*Description of the task*
Below is a listing; reproduce exactly its lines from the one containing "(Assemblies.menu build.state 4)))" to its last line, both ends kept, and no other lines.

————

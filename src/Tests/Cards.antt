-- ===== src/Tests/Cards.antt =====
-- The cards of a module and of an assembly.
use art_platform.Common.{
  Bool, nat_beq, ◌≡◌, true, false, not, ◌&&◌, ◌||◌, none, List, [], ◌∷◌, any, all,
}
use art_platform.Tests.Data.{module_with, cluster}
use art_platform.Model.States.{AssemblyState}
use art_platform.Model.Modules.{Module}
use art_platform.Model.Assemblies.{AssemblyInformation}
use art_platform.Service.ModuleStates.{module_is_changing}
use art_platform.Service.ModuleService.{assembly_is_running}
use art_platform.Card.Modules as Cards
use art_platform.Card.Modules.Menus as Menus
use art_platform.Card.Modules.Attributes as Attributes
use art_platform.Card.Modules.Dialogs as Dialogs
use art_platform.Card.Assemblies as Assemblies

-- A module that runs.
abbrev shop : Module
shop = module_with none

menu_lem_example :
    (any Menus.opens_clone (Cards.menu shop.information) ≡ true)
    × (any Menus.opens_deletion (Cards.menu shop.information) ≡ true)
    × (any Menus.opens_update (Cards.menu shop.information) ≡ true)
    × (any Menus.requests (Cards.menu shop.information) ≡ true)
    × (all (Menus.requests_for 5) (Cards.menu shop.information) ≡ true)
unfolding module_is_changing
menu_lem_example = Menus.menu_lem shop.information

-- Its ports are not mapped.
attributes_thrown_example : Attributes.is_missing (Attributes.attributes true "market" shop) ≡ true
attributes_thrown_example = Attributes.attributes_thrown true "market" shop

-- Two clicks, and the answer of the second, whose attributes throw.
abbrev clicked : List Cards.Event
clicked = Cards.updating_clicked ∷ Cards.updating_clicked ∷ Cards.answered 1 shop ∷ []

abbrev same_id : Module → Module → Bool
same_id m n = nat_beq m.information.id n.information.id

abbrev build : AssemblyInformation
build = record {
  id = 4;
  project_id = 3;
  technology = "gradle";
  version = record { reference = "main"; version = "1.0" };
  state = AssemblyState.started;
  start_time_stamp = 0;
  end_time_stamp = 0;
  resource_id = cluster;
  log_id = 9;
  artifacts = [];
}

menu-assembly_is_running_example :
    (any Assemblies.cancels (Assemblies.menu build.state 4) ≡ true)
    × ((any Assemblies.cancels (Assemblies.menu build.state 4)
          && any Assemblies.rebuilds (Assemblies.menu build.state 4))
        ≡ false)
    × ((any Assemblies.cancels (Assemblies.menu build.state 4)
          || any Assemblies.rebuilds (Assemblies.menu build.state 4))
        ≡ true)
    × (Assemblies.is_progress (Assemblies.avatar build.state)
        ≡ not (any Assemblies.rebuilds (Assemblies.menu build.state 4)))
unfolding assembly_is_running
menu-assembly_is_running_example = Assemblies.menu-assembly_is_running build 4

————

*Written answer*
        ≡ not (any Assemblies.rebuilds (Assemblies.menu build.state 4)))
unfolding assembly_is_running
menu-assembly_is_running_example = Assemblies.menu-assembly_is_running build 4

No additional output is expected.